* **PROBLEM STATEMENT**:
Find the word "idle" in the records and copy every line where it occurs.

* **PROVIDED DATA**:
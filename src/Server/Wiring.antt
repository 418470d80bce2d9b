-- ===== src/Server/Wiring.antt =====
-- The constructor and the start of src/socket/server/TcpServerSocket.cpp: what they tell the
-- threads of src/networkevent/EventScheduler.cpp to call.
use eventplus.Prelude.{
  ◌<◌, ◌≡◌, refl, sym, ap, ◌∙◌, inl, inr, ℤ, Bool, true, List, [], ◌∷◌, Option, some, ok,
  first_link, subst, length, length-map, map, Bool-cases,
}
use eventplus.Common.Details.{Bytes, Ptr, SocketDetails, server_socket, io_worker, server_removal}
use eventplus.Common.Text.{to_string}
use eventplus.Common.Os.{Os}
use eventplus.TcpHandler.{is_negative}
use eventplus.SocketHandler.{create_server_socket}
use eventplus.NetworkEvent.SocketEventHandler
use eventplus.NetworkEvent.SocketEventHandler.{SocketEventHandler, Leftover}
use eventplus.NetworkEvent.EventScheduler
use eventplus.NetworkEvent.EventScheduler.{EventScheduler, for_handlers}
use eventplus.NetworkEvent.EventScheduler.Loops.{
  IsValid, AllDo-ok, over_handlers-map, create_scheduler-IsValid,
}
use eventplus.NetworkEvent.EventScheduler.Every.{Every, Every-map, for_handlers-Every}
use eventplus.Server.State.{Server}
use eventplus.Server.Refinement.{same_server}
use eventplus.Server.Lifecycle.{
  Unset, create_server, listen_on, create_server_socket_and_start_receiving,
  start_receiving_connection,
}

abbrev pub CallsPool : SocketEventHandler → Type 0
CallsPool h = h.event_dispatcher ≡ some io_worker

abbrev pub CallsRemoval : SocketEventHandler → Type 0
CallsRemoval h = h.remove_socket_event_handler ≡ some server_removal

abbrev pub IsLinked : SocketEventHandler → Type 0
IsLinked h = CallsPool h × CallsRemoval h

abbrev Whatever : SocketEventHandler → Type 0
Whatever h = Unit {0}

anything : (hs : List SocketEventHandler) → Every Whatever hs
anything [] = tt
anything (h ∷ hs) = (tt, anything hs)

set_socket_removal_handler-Every :
    (s t : EventScheduler)
    → IsValid s
    → EventScheduler.set_socket_removal_handler (some server_removal) s ≡ ok t
    → Every CallsRemoval t.socket_event_handlers × IsValid t
unfolding EventScheduler.set_socket_removal_handler SocketEventHandler.set_socket_removal_handler
set_socket_removal_handler-Every s t v e =
    let f : SocketEventHandler → SocketEventHandler =
      λ h. SocketEventHandler.set_socket_removal_handler h (some server_removal) in
    let hs = s.socket_event_handlers in
    let done = rw (over_handlers-map _ f s v (AllDo-ok f hs)) at e in
    let same : record s { socket_event_handlers = map f hs } ≡ t = cc in
    subst (λ x. Every CallsRemoval x.socket_event_handlers × IsValid x) same
      (
        Every-map Whatever CallsRemoval f (λ h _. refl) hs (anything hs),
        record { counted = length-map hs f ∙ v.counted; served = v.served },
      )

set_event_dispatcher_ptr-Every :
    (s t : EventScheduler)
    → IsValid s
    → Every CallsRemoval s.socket_event_handlers
    → EventScheduler.set_event_dispatcher_ptr (some io_worker) s ≡ ok t
    → Every IsLinked t.socket_event_handlers
unfolding EventScheduler.set_event_dispatcher_ptr SocketEventHandler.set_event_dispatcher_ptr
set_event_dispatcher_ptr-Every s t v all e =
    let f : SocketEventHandler → SocketEventHandler =
      λ h. SocketEventHandler.set_event_dispatcher_ptr h (some io_worker) in
    let hs = s.socket_event_handlers in
    let done = rw (over_handlers-map _ f s v (AllDo-ok f hs)) at e in
    let same : record s { socket_event_handlers = map f hs } ≡ t = cc in
    subst (λ x. Every IsLinked x.socket_event_handlers) same
      (Every-map CallsRemoval IsLinked f (λ h r. (refl, r)) hs all)

start_event_receiver_thread-IsLinked :
    (h h' : SocketEventHandler)
    → SocketEventHandler.start_event_receiver_thread h ≡ ok h'
    → IsLinked h
    → IsLinked h'
unfolding SocketEventHandler.start_event_receiver_thread
start_event_receiver_thread-IsLinked h h' e (d, r) = elim (Bool-cases h.started) [
  | inl again ↦ let fault = rw again at e in absurd (cc)
  | inr idle ↦
      let same : record h { started = true } ≡ h' = let done = rw idle at e in cc in
      subst IsLinked same (d, r)
]

start_all_event_handler-Every :
    (s t : EventScheduler)
    → Every IsLinked s.socket_event_handlers
    → EventScheduler.start_all_event_handler s ≡ ok t
    → Every IsLinked t.socket_event_handlers
unfolding EventScheduler.start_all_event_handler
start_all_event_handler-Every s t all e =
    let change = SocketEventHandler.start_event_receiver_thread in
    let (hs, ran, done) =
      first_link (for_handlers change s.num_threads 0 s.socket_event_handlers) t e in
    let same : record s { socket_event_handlers = hs } ≡ t = cc in
    subst (λ x. Every IsLinked x.socket_event_handlers) same
      (for_handlers-Every IsLinked change start_event_receiver_thread-IsLinked s.num_threads 0 _ hs
        all ran)

module _ {W : Type 0} where
  -- The threads hand events and hang-ups to the right objects.
  pub record IsLinkedServer (s : Server W) : Type 0 where
    pub to_door : s.socket_event_handler.event_dispatcher ≡ some server_socket
    pub threads : Every IsLinked s.event_scheduler.socket_event_handlers

  pub start_receiving_connection-IsLinkedServer :
      (s s' : Server W)
      → s.socket_event_handler.event_dispatcher ≡ some server_socket
      → IsValid s.event_scheduler
      → Every CallsRemoval s.event_scheduler.socket_event_handlers
      → start_receiving_connection s ≡ ok s'
      → IsLinkedServer s'
  unfolding start_receiving_connection
  start_receiving_connection-IsLinkedServer s s' door v all e =
      let (told, a, e1) =
        first_link (EventScheduler.set_event_dispatcher_ptr (some io_worker) s.event_scheduler) s'
          e in
      let (started, b, e2) = first_link (EventScheduler.start_all_event_handler told) s' e1 in
      subst IsLinkedServer (same_server _ s' e2) (record {
        to_door = door;
        threads =
            start_all_event_handler-Every told started
              (set_event_dispatcher_ptr-Every _ told v all a) b;
      })

module _ {W : Type 0} (os : Os W) where
  pub create_server-CallsRemoval :
      (unset : Unset) (left : List Leftover) (ip : Bytes) (port : ℤ) (w : W) (s : Server W)
      → 0 < length left
      → create_server os unset left ip port w ≡ ok s
      → (s.socket_event_handler.event_dispatcher ≡ some server_socket)
        × IsValid s.event_scheduler
        × Every CallsRemoval s.event_scheduler.socket_event_handlers
  unfolding create_server SocketEventHandler.set_event_dispatcher_ptr
  create_server-CallsRemoval unset left ip port w s h e =
      let w1 = (SocketEventHandler.create_handler os unset.listener w).1 in
      let sch = (EventScheduler.create_scheduler os left w1).0 in
      let (told, a, e1) =
        first_link (EventScheduler.set_socket_removal_handler (some server_removal) sch) s e in
      let (all, v) =
        set_socket_removal_handler-Every sch told (create_scheduler-IsValid os left w1 h) a in
      let same = same_server _ s e1 in
      (
        ap (λ x. x.socket_event_handler.event_dispatcher) (sym same),
        subst (λ x. IsValid x.event_scheduler) same v,
        subst (λ x. Every CallsRemoval x.event_scheduler.socket_event_handlers) same all,
      )

  listen_on-IsLinkedServer :
      (uninit : Option Ptr) (d : SocketDetails) (s s' : Server W)
      → IsLinkedServer s
      → listen_on os uninit d s ≡ ok s'
      → IsLinkedServer s'
  unfolding listen_on SocketEventHandler.start_event_receiver_thread
  listen_on-IsLinkedServer uninit d s s' l e =
      let (own, a, e1) =
        first_link (SocketEventHandler.start_event_receiver_thread s.socket_event_handler) s' e in
      subst IsLinkedServer (same_server _ s' e1) (record {
        to_door = elim (Bool-cases s.socket_event_handler.started) [
          | inl again ↦ let fault = rw again at a in absurd (cc)
          | inr idle ↦
              let same : record s.socket_event_handler { started = true } ≡ own =
                let done = rw idle at a in cc in
              ap (λ h. h.event_dispatcher) (sym same) ∙ l.to_door
        ];
        threads = l.threads;
      })

  pub create_server_socket_and_start_receiving-IsLinkedServer :
      (uninit : Option Ptr) (s s' : Server W) (listens : Bool)
      → IsLinkedServer s
      → create_server_socket_and_start_receiving os uninit s ≡ ok (listens, s')
      → IsLinkedServer s'
  unfolding create_server_socket_and_start_receiving
  create_server_socket_and_start_receiving-IsLinkedServer uninit s s' listens l e =
      let (made, d, w) =
        create_server_socket os s.server_ip (to_string s.server_port) s.socket_details s.world in
      let (fd, a, e1) = first_link made (listens, s') e in
      elim (Bool-cases (is_negative fd)) [
        | inl bad ↦
            let same : record s { socket_details = d; world = w } ≡ s' =
              let done = rw bad at e1 in cc in
            subst IsLinkedServer same (record { to_door = l.to_door; threads = l.threads })
        | inr good ↦
            let s0 = record s { world = w } in
            let (s1, b, e2) = first_link (listen_on os uninit d s0) (listens, s') (rw good at e1) in
            let same : s1 ≡ s' = cc in
            subst IsLinkedServer same (
              listen_on-IsLinkedServer uninit d s0 s1
                (record { to_door = l.to_door; threads = l.threads }) b)
      ]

* **YOUR SOLUTION**:
  | inr idle ↦
      let same : record h { started = true } ≡ h' = let done = rw idle at e in cc in
          | inr idle ↦
                let done = rw idle at a in cc in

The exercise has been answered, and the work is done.